Ohio’s deregulated market has become a Rube Goldberg machine—overcomplicated, expensive, and ultimately ineffective. It prioritizes paper-thin retail competition and greenwashed marketing over real investment and reliability. Meanwhile, regulated states outperform in infrastructure buildout and price stability. Ohio lawmakers should embrace reforms that restore EDU flexibility, enhance accountability, and let pragmatic, infrastructure-focused development — including nuclear and BTM innovation — take the lead.

Industrial-scale customers should be allowed to sign BTM agreements with either EDUs or generators, especially when facilities are co-located or within 25 miles of each other. Keeping high-demand users off the grid relieves stress, increases predictability, and lowers costs for all ratepayers when new generation is added. This kind of flexibility is crucial for Ohio’s economic future, particularly if it wants to lead in nuclear energy, data center development, and advanced manufacturing.

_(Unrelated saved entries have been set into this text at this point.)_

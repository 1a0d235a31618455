-- ===== src/Sample.antt =====
-- generate_sample.go: the sample resources, as far as the controllers and the webhooks read them (of a
-- database the reference to its connection secret is left out), and how they are written to files.
-- The SDK's name of the Monday is a parameter.
pub mod Files
pub mod Laws
use provider_exoscale.Prelude.{String, [], ◌∷◌, none, some, false}
use provider_exoscale.Api.{MaintenanceSpec, DBaaSParameters}
use provider_exoscale.Connector.{ProviderConfig}
use provider_exoscale.Bucket.{Bucket, delete_if_empty}
use provider_exoscale.Iam.{IamKey}
use provider_exoscale.Mysql.{MySql}
use provider_exoscale.Mysql.Handlers as MysqlHandlers
use provider_exoscale.Postgres.{PostgreSql}
use provider_exoscale.Postgres.Handlers as PostgresHandlers
use provider_exoscale.Redis.{Redis}
use provider_exoscale.Redis.Handlers as RedisHandlers
use provider_exoscale.Kafka.{Kafka}
use provider_exoscale.Kafka.Reading as KafkaReading
use provider_exoscale.OpenSearch.{OpenSearch}
use provider_exoscale.OpenSearch.Handlers as OpenSearchHandlers

unfoldable pub new_bucket_sample : Bucket
new_bucket_sample = record {
  name = "bucket-local-dev";
  annotations = none;
  provider_config = some "provider-config";
  for_provider = record {
    bucket_name = "bucket-local-dev";
    endpoint_url = "";
    zone = "ch-gva-2";
    bucket_deletion_policy = delete_if_empty;
  };
  status = record { conditions = []; endpoint = ""; endpoint_url = ""; bucket_name = "" };
}

unfoldable pub new_iam_key_sample : IamKey
new_iam_key_sample = record {
  name = "iam-key-local-dev";
  external_name = "";
  annotations = [];
  is_deleted = false;
  secret_ref = some (record { name = "my-exoscale-user-credentials"; namespace = "default" });
  provider_config = some "provider-config";
  for_provider = record {
    key_name = "iam-key-local-dev";
    zone = "CH-DK-2";
    buckets = "bucket-local-dev" ∷ [];
  };
  conditions = [];
  at_provider = record { key_id = ""; role_id = ""; key_name = ""; buckets = [] };
}

unfoldable pub new_provider_config_sample : ProviderConfig
new_provider_config_sample = record {
  secret_name = "api-secret";
  secret_namespace = "crossplane-system";
}

abbrev any_address : String → DBaaSParameters
any_address plan = record {
  termination_protection = false;
  size = record { plan = plan };
  ip_filter = "0.0.0.0/0" ∷ [];
}

module _ (monday : String) where
  abbrev monday_at : String → MaintenanceSpec
  monday_at time = record { day_of_week = monday; time_of_day = time }

  unfoldable pub new_mysql_sample : MySql
  new_mysql_sample = record {
    name = "mysql-local-dev";
    external_name = "";
    provider_config = some "provider-config";
    for_provider = record {
      maintenance = monday_at "12:00:00";
      backup = record { time_of_day = "13:00:00" };
      zone = "ch-dk-2";
      version = "8";
      dbaas = any_address "hobbyist-2";
      my_sql_settings = record { raw = "{\"default_time_zone\":\"+01:00\"}" };
    };
    conditions = [];
    at_provider = MysqlHandlers.empty_observation;
  }

  unfoldable pub new_postgresql_sample : PostgreSql
  new_postgresql_sample = record {
    name = "postgresql-local-dev";
    external_name = "";
    provider_config = some "provider-config";
    for_provider = record {
      maintenance = monday_at "12:00:00";
      backup = record { time_of_day = "13:00:00" };
      zone = "ch-dk-2";
      dbaas = any_address "hobbyist-2";
      version = "14";
      pg_settings = record { raw = "{\"timezone\":\"Europe/Zurich\"}" };
    };
    conditions = [];
    at_provider = PostgresHandlers.empty_observation;
  }

  unfoldable pub new_redis_sample : Redis
  new_redis_sample = record {
    name = "redis-local-dev";
    external_name = "";
    provider_config = some "provider-config";
    for_provider = record {
      maintenance = monday_at "12:00:00";
      zone = "ch-dk-2";
      dbaas = any_address "hobbyist-2";
      redis_settings = record { raw = "{\"maxmemory_policy\":\"noeviction\"}" };
    };
    conditions = [];
    at_provider = RedisHandlers.empty_observation;
  }

  unfoldable pub new_kafka_sample : Kafka
  new_kafka_sample = record {
    name = "kafka-local-dev";
    external_name = "";
    provider_config = some "provider-config";
    for_provider = record {
      maintenance = monday_at "12:00:00";
      zone = "ch-dk-2";
      dbaas = any_address "startup-2";
      ip_filter_is_nil = false;
      version = "";
      kafka_settings = record { raw = "{\"connections_max_idle_ms\": 60000}" };
      kafka_rest_enabled = false;
      kafka_rest_settings = record { raw = "" };
    };
    conditions = [];
    at_provider = KafkaReading.empty_observation;
  }

  unfoldable pub new_opensearch_sample : OpenSearch
  new_opensearch_sample = record {
    name = "opensearch-local-dev";
    external_name = "";
    provider_config = some "provider-config";
    for_provider = record {
      maintenance = monday_at "12:01:55";
      backup = record { time_of_day = "" };
      dbaas = any_address "hobbyist-2";
      zone = "ch-dk-2";
      major_version = "2";
      open_search_settings = record { raw = "" };
    };
    conditions = [];
    at_provider = OpenSearchHandlers.empty_observation;
  }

Until policymakers recognize that deregulation has devolved into market manipulation and hollowed-out investment, Ohio will continue to fall behind. It’s time to let EDUs compete and deliver the power Ohio needs—reliably, honestly, and without a middleman taxing every electron.

Ohioans can expect much Higher Electricity prices over the next 3-5 years due to PJM's management of Ohio's Electricity Markets.